- Task -
Could you copy out all the lines in the material below where the word "balance" occurs?

- Data for analysis -
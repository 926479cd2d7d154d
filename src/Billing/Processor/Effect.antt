-- ===== src/Billing/Processor/Effect.antt =====
-- The two ends of a request: the hold that is placed before it, and the record that settles it.
use orbit_api.Common.{ℕ, ◌+◌, ◌*◌, ◌≡◌, refl, sym, ap, ◌∙◌, none, some, [], ◌∷◌, arith}
use orbit_api.Common.Int.{ℤ, pos, ◌-ℤ◌, ◌≤ℤ◌, int_laws}
use orbit_api.Common.Word.{sub64, sub64-in_range}
use orbit_api.Common.Str.{Str}
use orbit_api.Common.Table.{
  lookup, update, has-lookup, lookup_key, lookup-update_self, lookup-append_self,
}
use orbit_api.Common.Result.{ok}
use orbit_api.Store.{Organization, CreditHold, Db, org_key, hold_key}
use orbit_api.Store.Tx.{Link, transact-eq-ok}
use orbit_api.Billing.Holds.{
  Hold, HoldPlanner, set_credits, hold_seconds, place_hold, place_hold_tx,
}
use orbit_api.Billing.Holds.Steps.{with_credits}
use orbit_api.Billing.Holds.Placing.{Places, place_hold_tx-ok}

pub place_hold-Places :
    (link : Link) (now : ℕ) (hold_id org : Str) (threshold ttl : ℤ) (plan : HoldPlanner) (d : Db)
    {h : Hold} {d' : Db}
    → place_hold link now hold_id org threshold ttl (some plan) d ≡ (ok h, d')
    → Places now hold_id org threshold ttl plan d h d'
unfolding place_hold
place_hold-Places link now hold_id [] threshold ttl plan d e = absurd (ground arith)
place_hold-Places link now hold_id (c ∷ cs) threshold ttl plan d e =
    place_hold_tx-ok link now hold_id (c ∷ cs) threshold ttl plan d
      (transact-eq-ok link (place_hold_tx link now hold_id (c ∷ cs) threshold ttl plan) d e)

-- The open row of a new hold.
abbrev pub new_hold : ℕ → Str → Str → ℤ → ℤ → CreditHold
new_hold now hold_id org amount ttl = record {
  id = hold_id;
  organization_id = org;
  amount_micros = amount;
  created_at = now;
  expires_at = now + hold_seconds ttl * 1000000;
  settled_at = none;
}

-- The row that a write of credits leaves.
pub credited :
    (d d' : Db) (org : Str) (o : Organization) (g u r : ℤ)
    → lookup org_key org d.organizations ≡ some o
    → d'.organizations ≡ (with_credits o g u r d).organizations
    → lookup org_key org d'.organizations ≡ some (set_credits g u r o)
credited d d' org o g u r found written =
    ap (lookup org_key org) written
    ∙ ap (λ (i : Str). lookup org_key org (update org_key i (set_credits g u r) d.organizations))
        (lookup_key org_key org d.organizations found)
    ∙ lookup-update_self org_key org (set_credits g u r) d.organizations found refl

-- What a placed hold leaves: its organization's row, less the amount, and its own open row.
pub record Frozen (now : ℕ) (hold_id org : Str) (ttl : ℤ) (h : Hold) (d' : Db) : Type 0 where
  pub owner : Organization
  pub owner_found : lookup org_key org d'.organizations ≡ some owner
  pub remaining : owner.credits_remaining_micros ≡ h.remaining_before_micros -ℤ h.amount_micros
  pub row_found :
      lookup hold_key hold_id d'.holds ≡ some (new_hold now hold_id org h.amount_micros ttl)

pub Places-Frozen :
    {now : ℕ} {hold_id org : Str} {threshold ttl : ℤ} {plan : HoldPlanner} {d : Db} {h : Hold}
    {d' : Db}
    → Places now hold_id org threshold ttl plan d h d'
    → Frozen now hold_id org ttl h d'
Places-Frozen {now} {hold_id} {org} {threshold} {ttl} {plan} {d} {h} {d'} placed =
    let s = placed.sized in
    let o = placed.owner in
    let d1 = placed.reclaimed in
    let row = new_hold now hold_id org placed.amount ttl in
    let amount : h.amount_micros ≡ placed.amount = ap (λ (x : Hold). x.amount_micros) s.answer in
    let before : h.remaining_before_micros ≡ o.credits_remaining_micros =
      ap (λ (x : Hold). x.remaining_before_micros) s.answer in
    record {
      owner =
          set_credits o.credits_granted_micros o.credits_used_micros
            (o.credits_remaining_micros -ℤ placed.amount) o;
      owner_found =
          credited d1 d' org o _ _ _ placed.owner_found
            (ap (λ (x : Db). x.organizations) s.written);
      remaining = rw (amount, before);
      row_found =
          ap (λ (x : Db). lookup hold_key hold_id x.holds) s.written
          ∙ lookup-append_self hold_key row d1.holds (has-lookup hold_key hold_id d1.holds s.fresh)
          ∙ ap (λ (a : ℤ). some (new_hold now hold_id org a ttl)) (sym amount);
    }

-- A hold that goes through is covered by the balance: the balance was at least the threshold and at
-- least the amount, which is positive, and the organization's row is left with the difference,
-- which is the answer's RemainingAfterMicros and is not negative.
pub place_hold-covered :
    (link : Link) (now : ℕ) (hold_id org : Str) (threshold ttl : ℤ) (plan : HoldPlanner) (d : Db)
    {h : Hold} {d' : Db}
    → place_hold link now hold_id org threshold ttl (some plan) d ≡ (ok h, d')
    → (o : Organization) × (lookup org_key org d'.organizations ≡ some o)
      × (threshold ≤ℤ h.remaining_before_micros)
      × (pos 1 ≤ℤ h.amount_micros)
      × (pos 0 ≤ℤ o.credits_remaining_micros)
      × (o.credits_remaining_micros ≡ h.remaining_before_micros -ℤ h.amount_micros)
      × (h.remaining_after_micros ≡ o.credits_remaining_micros)
place_hold-covered link now hold_id org threshold ttl plan d {h} {d'} e =
    let placed = place_hold-Places link now hold_id org threshold ttl plan d e in
    let s = placed.sized in
    let left = Places-Frozen placed in
    let o = placed.owner in
    let amount : h.amount_micros ≡ placed.amount = ap (λ (x : Hold). x.amount_micros) s.answer in
    let before : h.remaining_before_micros ≡ o.credits_remaining_micros =
      ap (λ (x : Hold). x.remaining_before_micros) s.answer in
    let after : h.remaining_after_micros ≡ sub64 o.credits_remaining_micros placed.amount =
      ap (λ (x : Hold). x.remaining_after_micros) s.answer in
    let same : sub64 o.credits_remaining_micros placed.amount
        ≡ o.credits_remaining_micros -ℤ placed.amount =
      sub64-in_range o.credits_remaining_micros placed.amount s.fits in
    (
      left.owner,
      left.owner_found,
      rw before s.reaches,
      rw amount s.amount_positive,
      rw (left.remaining, amount, before) (omega (int_laws, s.covered)),
      left.remaining,
      after ∙ same ∙ sym (rw (amount, before) at left.remaining),
    )
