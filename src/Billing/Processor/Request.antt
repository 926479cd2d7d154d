-- ===== src/Billing/Processor/Request.antt =====
-- A request from its hold to its record: what it costs in the end.
use orbit_api.Common.{ℕ, ◌≡◌, ◌≢◌, refl, sym, ap, ap₂, ◌∙◌, inl, inr, true, some, [], arith}
use orbit_api.Common.Int.{ℤ, ◌+ℤ◌, ◌-ℤ◌, int_laws}
use orbit_api.Common.Str.{Str}
use orbit_api.Common.Table.{lookup}
use orbit_api.Common.Result.{ok}
use orbit_api.Store.{Organization, CreditHold, Db, org_key, hold_key}
use orbit_api.Store.Tx.{Link, transact-eq-ok}
use orbit_api.Billing.Holds.{Hold, HoldPlanner, SettleResult, is_open, set_credits, place_hold}
use orbit_api.Billing.Holds.Steps.{with_credits, Settles, Leaves, spend, settle_hold_tx-ok}
use orbit_api.Billing.Ledger.{RecordParams, record_usage, record_tx, actual_of, usage_tx}
use orbit_api.Billing.Ledger.Steps.{
  request_tx-ok, usage_tx-ok, record_tx-ok, Charged, uncharged, debited, by_hold, swept,
  charge_tx-ok,
}
use orbit_api.Billing.Processor.Effect.{Places-Frozen, place_hold-Places, new_hold, credited}

-- The tables that a settlement reads are those before the record.
usage-kept :
    (link : Link) (now : ℕ) (request_id : Str) (p : RecordParams) (d : Db) {n : ℕ} {d' : Db}
    → usage_tx link now request_id p d ≡ ok (n, d')
    → (d'.organizations ≡ d.organizations) × (d'.holds ≡ d.holds)
usage-kept link now request_id p d e = elim (usage_tx-ok link now request_id p d e) [
  | inl (z, kept, taken) ↦ (ap (λ (x : Db). x.organizations) kept, ap (λ (x : Db). x.holds) kept)
  | inr (o, written, c, f, there) ↦
      (ap (λ (x : Db). x.organizations) written, ap (λ (x : Db). x.holds) written)
]

never_left :
    {hold_id : Str} {d : Db} {s : SettleResult} {d' : Db} {w : CreditHold}
    → Leaves hold_id d s d'
    → hold_id ≢ []
    → lookup hold_key hold_id d.holds ≡ some w
    → is_open w ≡ true
    → ⊥
never_left {hold_id} {d} left named found opened = elim left.missing_or_settled [
  | inl blank ↦ named blank
  | inr (inl (missing, nothing)) ↦ cc (missing, found)
  | inr (inr (h, there, shut, f, o)) ↦ ground (arith, there, found, shut, opened)
]

-- An open hold that is recorded is settled.
Settles-open :
    {link : Link} {now : ℕ} {p : RecordParams} {n : ℕ} {d d' : Db} {w : CreditHold}
    → Charged link now p n d d'
    → p.hold_id ≢ []
    → lookup hold_key p.hold_id d.holds ≡ some w
    → is_open w ≡ true
    → (s : SettleResult) × Settles now p.hold_id (actual_of p) d s d'
Settles-open (uncharged h z kept) named found opened = absurd (named h)
Settles-open (debited h i debit) named found opened = absurd (named h)
Settles-open {link} {now} {p} {n} {d} (by_hold r held done why) named found opened =
    elim (settle_hold_tx-ok link now p.hold_id (actual_of p) d done) [
      | inl settles ↦ (r, settles)
      | inr left ↦ absurd (never_left left named found opened)
    ]
Settles-open {link} {now} {p} {n} {d} (swept r d1 held done i a f debit) named found opened =
    elim (settle_hold_tx-ok link now p.hold_id (actual_of p) d done) [
      | inl settles ↦
          absurd (let h = ap (λ (x : SettleResult). x.applied) settles.answer in cc (h, a))
      | inr left ↦ absurd (never_left left named found opened)
    ]

given_back : (r b a z : ℤ) → r ≡ b -ℤ a → r +ℤ a -ℤ z ≡ b -ℤ z
given_back r b a z h = grind (int_laws, h)

-- What a settlement makes of a known hold of a known organization.
Settles-credited :
    {now : ℕ} {hold_id : Str} {actual : ℤ} {d : Db} {s : SettleResult} {d' : Db} {w : CreditHold}
    {o : Organization}
    → Settles now hold_id actual d s d'
    → lookup hold_key hold_id d.holds ≡ some w
    → lookup org_key w.organization_id d.organizations ≡ some o
    → lookup org_key w.organization_id d'.organizations
      ≡ some (
          set_credits o.credits_granted_micros
            (o.credits_used_micros +ℤ spend actual)
            (o.credits_remaining_micros +ℤ w.amount_micros -ℤ spend actual)
            o)
Settles-credited {actual} {d} {d'} {w} {o} done found o_found =
    let one : w ≡ done.hold = cc (found, done.hold_found) in
    let theirs : lookup org_key w.organization_id d.organizations ≡ some done.org =
      ap (λ (x : CreditHold). lookup org_key x.organization_id d.organizations) one
      ∙ done.org_found in
    let two : done.org ≡ o = cc (o_found, theirs) in
    credited d d' w.organization_id o _ _ _ o_found (
      ap (λ (x : Db). x.organizations) done.written
      ∙ ap₂
          (λ (y : Organization) (v : CreditHold).
            (with_credits y y.credits_granted_micros (y.credits_used_micros +ℤ spend actual)
              (y.credits_remaining_micros +ℤ v.amount_micros -ℤ spend actual) d).organizations)
          two (sym one))

-- A request whose hold was placed and is recorded costs what it used, whatever was frozen: the
-- organization's balance is what it was before the hold, less the spend, and its used credits have
-- grown by the spend. The spend of a request that failed is nothing.
pub place_then_record :
    (link link' : Link) (now now' : ℕ) (hold_id org request_id : Str) (threshold ttl : ℤ)
    (plan : HoldPlanner) (p : RecordParams) (d : Db) (o : Organization) {h : Hold} {d1 : Db}
    {s : SettleResult} {d2 : Db}
    → place_hold link now hold_id org threshold ttl (some plan) d ≡ (ok h, d1)
    → lookup org_key org d1.organizations ≡ some o
    → p.hold_id ≡ hold_id
    → hold_id ≢ []
    → record_usage link' now' request_id p d1 ≡ (ok s, d2)
    → (o' : Organization) × (lookup org_key org d2.organizations ≡ some o')
      × (o'.credits_remaining_micros ≡ h.remaining_before_micros -ℤ spend (actual_of p))
      × (o'.credits_used_micros ≡ o.credits_used_micros +ℤ spend (actual_of p))
unfolding record_usage
place_then_record link link' now now' hold_id org request_id threshold ttl plan p d o {h} {d1} {s}
      {d2} placed o_found same_id named recorded =
    let froze =
      Places-Frozen (place_hold-Places link now hold_id org threshold ttl plan d placed) in
    let went = transact-eq-ok link' (record_tx link' now' request_id p) d1 recorded in
    let (request, da, n, db, requested, used, charge) =
      record_tx-ok link' now' request_id p d1 went in
    let kept = request_tx-ok link' now' request_id p d1 requested in
    let (orgs, holds) = usage-kept link' now' request p da used in
    let row = new_hold now hold_id org h.amount_micros ttl in
    let found : lookup hold_key p.hold_id db.holds ≡ some row =
      rw (same_id, holds, kept.holds_kept) froze.row_found in
    let (answer, done) =
      Settles-open (charge_tx-ok link' now' p n db {s = s} charge) (λ e. named (sym same_id ∙ e))
        found refl in
    let o_there : lookup org_key org db.organizations ≡ some o =
      ap (lookup org_key org) (orgs ∙ kept.organizations_kept) ∙ o_found in
    let same : froze.owner ≡ o = cc (froze.owner_found, o_found) in
    let left : o.credits_remaining_micros ≡ h.remaining_before_micros -ℤ h.amount_micros =
      ap (λ (x : Organization). x.credits_remaining_micros) (sym same) ∙ froze.remaining in
    (_, Settles-credited done found o_there, given_back _ _ _ _ left, refl)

- Solution for this exercise -
-- A hold that goes through is covered by the balance: the balance was at least the threshold and at
-- organization's balance is what it was before the hold, less the spend, and its used credits have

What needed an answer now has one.